Lambda expressions can be used in the previous examples to shorten the code.

In [None]:
guestlist = [
             {"guest_id": "a520", "name": "john", "status": "pending", "age": 20},
             {"guest_id": "b125", "name": "karen", "status": "attending", "age": 25},
             {"guest_id": "c886", "name": "tom", "status": "declined", "age": 30},
             {"guest_id": "d336", "name": "jen", "status": "attending", "age": 40}
]

list(map(lambda guest: guest["name"].capitalize(), filter(lambda guest: guest["age"] > 20, guestlist)))

['Karen', 'Tom', 'Jen']

## Choice between List Comprehension and Map-Filter-Reduce

It's a design choice.
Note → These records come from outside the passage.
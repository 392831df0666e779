-- ===== src/Transfer/Delivery.antt =====
-- A response that comes in any blocks, over any number of read events, reaches the client whole.
use ats_fastcgi.Common.{
  ℕ, ◌≤◌, ◌≡◌, ◌≢◌, ◌⊎◌, inl, inr, refl, sym, ap, ◌∙◌, Bool, true, false, List, [], ◌∷◌, ◌++◌, none,
  some, Bytes, ok, length, append_assoc, append-nil, append-eq-nil, append-eq-nil_right,
}
use ats_fastcgi.Record.{fresh, FcgiRecord}
use ats_fastcgi.Record.Message.{Message, body, encode}
use ats_fastcgi.Record.Pending.{
  Pending, awaits, in_padding, in_header, at_content, in_content, Awaits-fresh,
}
use ats_fastcgi.Response.{Mime, Decoder, Run, held, process_buffer, renew}
use ats_fastcgi.Response.Stream.{
  renew-fresh, IsResponse, final, more, encode_all, outputs, outputs-append, first_after,
  first_after-append,
}
use ats_fastcgi.Response.Waiting.{Waiting, waiting, Result, ended, going}
use ats_fastcgi.Response.Chunk.{loop_chunk}
use ats_fastcgi.Response.Termination.{rounds-lt}
use ats_fastcgi.Transfer.{transfer_blocks, read_events}

abbrev pub join : List Bytes → Bytes
join [] = []
join (b ∷ blocks) = b ++ join blocks

-- A block is empty, or has at least `n` bytes.
abbrev pub AllLong : ℕ → List Bytes → Type 0
AllLong n [] = Unit {0}
AllLong n (b ∷ blocks) = ((b ≡ []) ⊎ (n ≤ length b)) × AllLong n blocks

abbrev pub join_all : List (List Bytes) → Bytes
join_all [] = []
join_all (blocks ∷ events) = join blocks ++ join_all events

abbrev pub AllEventsLong : ℕ → List (List Bytes) → Type 0
AllEventsLong n [] = Unit {0}
AllEventsLong n (blocks ∷ events) = AllLong n blocks × AllEventsLong n events

-- `FCGIClientRequest`, new.
abbrev pub new_decoder : Decoder
new_decoder = record { first_chunk = true; header_record = none }

-- Where a run stands in the response `ms` after some of its bytes, with `todo` still to come.
data Progress (mime : Mime) (first : Bool) (out todo : Bytes) (ms : List Message) (r : Run)
    : Type 0 where
  complete :
      (d : Decoder)
      → todo ≡ []
      → r ≡ some (ok (d, out ++ outputs mime first ms, true))
      → Progress mime first out todo ms r
  partial :
      (done rest : List Message) (d : Decoder)
      → ms ≡ done ++ rest
      → d.first_chunk ≡ first_after first done
      → Waiting todo rest (held d.header_record)
      → r ≡ some (ok (d, out ++ outputs mime first done, false))
      → Progress mime first out todo ms r

IsResponse-suffix :
    (n : ℕ) (done rest : List Message) → rest ≢ [] → IsResponse n (done ++ rest) → IsResponse n rest
IsResponse-suffix n [] rest h r = r
IsResponse-suffix n (d ∷ []) rest h (final v p f b) = absurd (h refl)
IsResponse-suffix n (d ∷ []) rest h (more v p f r) = r
IsResponse-suffix n (d ∷ e ∷ done) rest h (more v p f r) = IsResponse-suffix n (e ∷ done) rest h r

Progress-append :
    (mime : Mime) (first : Bool) (out todo : Bytes) (done rest ms : List Message) (d : Decoder)
    (r : Run)
    → ms ≡ done ++ rest
    → d.first_chunk ≡ first_after first done
    → Progress mime d.first_chunk (out ++ outputs mime first done) todo rest r
    → Progress mime first out todo ms r
Progress-append mime first out todo done rest ms d r s o (complete d' n e) =
    complete d' n (e ∙ ap (λ x. some (ok (d', x, true))) whole)
  where
    whole :
        (out ++ outputs mime first done) ++ outputs mime d.first_chunk rest
        ≡ out ++ outputs mime first ms
    whole = rw (s, outputs-append mime first done rest, o) (append_assoc out _ _)
Progress-append mime first out todo done rest ms d r s o (partial done' rest' d' s' o' w e) =
    partial (done ++ done') rest' d' (s ∙ ap (◌++◌ done) s' ∙ sym (append_assoc done done' rest'))
      (o' ∙ ap (λ b. first_after b done') o ∙ sym (first_after-append first done done')) w
      (e ∙ ap (λ x. some (ok (d', x, false))) whole)
  where
    whole :
        (out ++ outputs mime first done) ++ outputs mime d.first_chunk done'
        ≡ out ++ outputs mime first (done ++ done')
    whole = rw (outputs-append mime first done done', o) (append_assoc out _ _)

Waiting-ne-nil :
    (todo : Bytes) (ms : List Message) (rec : FcgiRecord) → Waiting todo ms rec → ms ≢ []
Waiting-ne-nil todo ms rec (waiting m rest t e d p) n = absurd (cc)

module _ (ts_malloc : ℕ → Bytes) (malloc_size : (n : ℕ) → length (ts_malloc n) ≡ n) (mime : Mime)
    (n : ℕ) where
  process_buffer-Progress :
      (bs todo : Bytes) (ms : List Message) (d : Decoder) (out : Bytes)
      → IsResponse n ms
      → bs ≢ []
      → n ≤ length bs
      → Waiting (bs ++ todo) ms (held d.header_record)
      → Progress mime d.first_chunk out todo ms (process_buffer ts_malloc mime bs d out)
  unfolding process_buffer
  process_buffer-Progress bs todo ms d out r h k w = of_Result (
      loop_chunk ts_malloc malloc_size mime n _ bs todo ms (held d.header_record) d.first_chunk out
        r h w (λ _. k) (rounds-lt ts_malloc mime bs (held d.header_record)))
    where
      of_Result :
          {run : Run}
          → Result mime d.first_chunk out todo ms run
          → Progress mime d.first_chunk out todo ms run
      of_Result (ended rec e f) = complete _ e f
      of_Result (going done rest first' rec s o v f) = partial done rest _ s o v f

  -- No bytes are left for the other blocks.
  transfer_blocks-empty :
      (blocks : List Bytes) (d : Decoder) (out : Bytes) (status : Bool)
      → join blocks ≡ []
      → transfer_blocks ts_malloc mime blocks d out status ≡ some (ok (d, out, status))
  unfolding transfer_blocks
  transfer_blocks-empty [] d out status e = refl
  transfer_blocks-empty ([] ∷ blocks) d out status e = transfer_blocks-empty blocks d out status e
  transfer_blocks-empty ((b ∷ bs) ∷ blocks) d out status e = absurd (cc)

  transfer_blocks-Progress :
      (blocks : List Bytes) (todo : Bytes) (ms : List Message) (d : Decoder) (out : Bytes)
      → AllLong n blocks
      → IsResponse n ms
      → Waiting (join blocks ++ todo) ms (held d.header_record)
      → Progress mime d.first_chunk out todo ms (transfer_blocks ts_malloc mime blocks d out false)
  unfolding transfer_blocks
  transfer_blocks-Progress [] todo ms d out l r w = partial [] ms d refl refl w (rw append-nil)
  transfer_blocks-Progress ([] ∷ blocks) todo ms d out l r w =
      transfer_blocks-Progress blocks todo ms d out l.1 r w
  transfer_blocks-Progress ((b ∷ bs) ∷ blocks) todo ms d out (inl e, l) r w = absurd (cc)
  transfer_blocks-Progress ((b ∷ bs) ∷ blocks) todo ms d out (inr k, l) r w =
      elim (process_buffer-Progress (b ∷ bs) (join blocks ++ todo) ms d out r (λ e. cc) k
        (rw (append_assoc (b ∷ bs) (join blocks) todo) at w)) [
          | complete d' e f ↦ rw f (
              complete d' (append-eq-nil_right (join blocks) todo e)
                (transfer_blocks-empty blocks d' _ true (append-eq-nil (join blocks) todo e)))
          | partial done rest d' s o v f ↦ rw f (
              Progress-append mime d.first_chunk out todo done rest ms d' _ s o (
                transfer_blocks-Progress blocks todo rest d' _ l
                  (IsResponse-suffix n done rest (Waiting-ne-nil _ rest _ v) (rw s at r)) v))
        ]

  read_events-Progress :
      (events : List (List Bytes)) (todo : Bytes) (ms : List Message) (d : Decoder) (client : Bytes)
      → AllEventsLong n events
      → IsResponse n ms
      → Waiting (join_all events ++ todo) ms (held d.header_record)
      → Progress mime d.first_chunk client todo ms (read_events ts_malloc mime events d client)
  unfolding read_events
  read_events-Progress [] todo ms d client l r w = partial [] ms d refl refl w (rw append-nil)
  read_events-Progress (blocks ∷ events) todo ms d client l r w =
      elim (transfer_blocks-Progress blocks (join_all events ++ todo) ms d [] l.0 r
        (rw (append_assoc (join blocks) (join_all events) todo) at w)) [
          | complete d' e f ↦ rw f (complete d' (append-eq-nil_right (join_all events) todo e) refl)
          | partial done rest d' s o v f ↦ rw f (
              Progress-append mime d.first_chunk client todo done rest ms d' _ s o (
                read_events-Progress events todo rest d' _ l.1
                  (IsResponse-suffix n done rest (Waiting-ne-nil _ rest _ v) (rw s at r)) v))
        ]

  Pending-ne-nil : (m : Message) (rec : FcgiRecord) → body m ≢ [] → Pending m [] rec → ⊥
  Pending-ne-nil m rec b (awaits (in_header hs h val f d)) = h (append-eq-nil hs (body m) (sym d))
  Pending-ne-nil m rec b (awaits (at_content r d)) = b (sym d)
  Pending-ne-nil m rec b (awaits (in_content front left c h s d)) =
      h (append-eq-nil left m.padding (sym d))
  Pending-ne-nil m rec b (in_padding skipped e h s) = h refl

  -- A response that is not complete has bytes to come.
  Waiting-todo : (ms : List Message) (rec : FcgiRecord) → IsResponse n ms → Waiting [] ms rec → ⊥
  Waiting-todo [] rec r w = elim r [ ]
  Waiting-todo (m ∷ ms) rec (final v p f b) (waiting m' rest t e d q) =
      let same : m ≡ m' = cc in
      let none_left : t ≡ [] = append-eq-nil t (encode_all rest) (sym d) in
      Pending-ne-nil m' (renew rec) (λ x. b (ap body same ∙ x)) (rw none_left at q)
  Waiting-todo (m ∷ []) rec (more v p f r) w = elim r [ ]
  Waiting-todo (m ∷ m2 ∷ ms) rec (more v p f r) (waiting m' rest t e d q) =
      let same : m2 ∷ ms ≡ rest = cc in
      let none_left : encode_all (m2 ∷ ms) ≡ [] =
        ap encode_all same ∙ append-eq-nil_right t (encode_all rest) (sym d) in
      absurd (cc)

-- A complete response, cut into buffer blocks and read events in any way, gives the client the status
-- line for its first record and the texts of all its records in order, and its last event completes
-- it, with no access outside a buffer. Each block is empty or at least as long as the longest
-- padding; the response is records that end with the first `FCGI_STDERR` or `FCGI_END_REQUEST`, and
-- that record has content or padding; `TSmalloc n` gives `n` bytes.
pub read_events-outputs :
    (ts_malloc : ℕ → Bytes) (malloc_size : (n : ℕ) → length (ts_malloc n) ≡ n) (mime : Mime) (n : ℕ)
    (events : List (List Bytes)) (ms : List Message)
    → IsResponse n ms
    → AllEventsLong n events
    → join_all events ≡ encode_all ms
    → (d : Decoder) × (read_events ts_malloc mime events new_decoder []
        ≡ some (ok (d, outputs mime true ms, true)))
read_events-outputs ts_malloc malloc_size mime n events [] r l e = elim r [ ]
read_events-outputs ts_malloc malloc_size mime n events (m ∷ ms) r l e =
    elim (read_events-Progress ts_malloc malloc_size mime n events [] (m ∷ ms) new_decoder [] l r
      (waiting m ms (encode m) refl (append-nil _ ∙ e) start)) [
        | complete d _ f ↦ (d, f)
        | partial done rest d s o v f ↦ absurd (
            Waiting-todo ts_malloc malloc_size mime n rest _
              (IsResponse-suffix n done rest (Waiting-ne-nil _ rest _ v) (rw s at r)) v)
      ]
  where
    start : Pending m (encode m) (renew fresh)
    start = rw (renew-fresh) (awaits (Awaits-fresh m))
Almost all of the `map` or `filter` statements can be rewritten with list comprehension.

In [None]:
nums = list(range(10))

print(list(map(lambda x: x**2, filter(lambda x: x % 2 == 0, nums))))

print([x**2 for x in nums if x % 2 == 0])

[0, 4, 16, 36, 64]
[0, 4, 16, 36, 64]


- In most of the cases, list comprehension is more concise and readable.
- Depending on the expression, there are differences in terms of the execution speed.

Lambda expressions allow a single expression to be evaluated with no bounded name. This may induce a readability issue. Do not hesitate to write a regular named functions with appropriate comments if you are in such a need.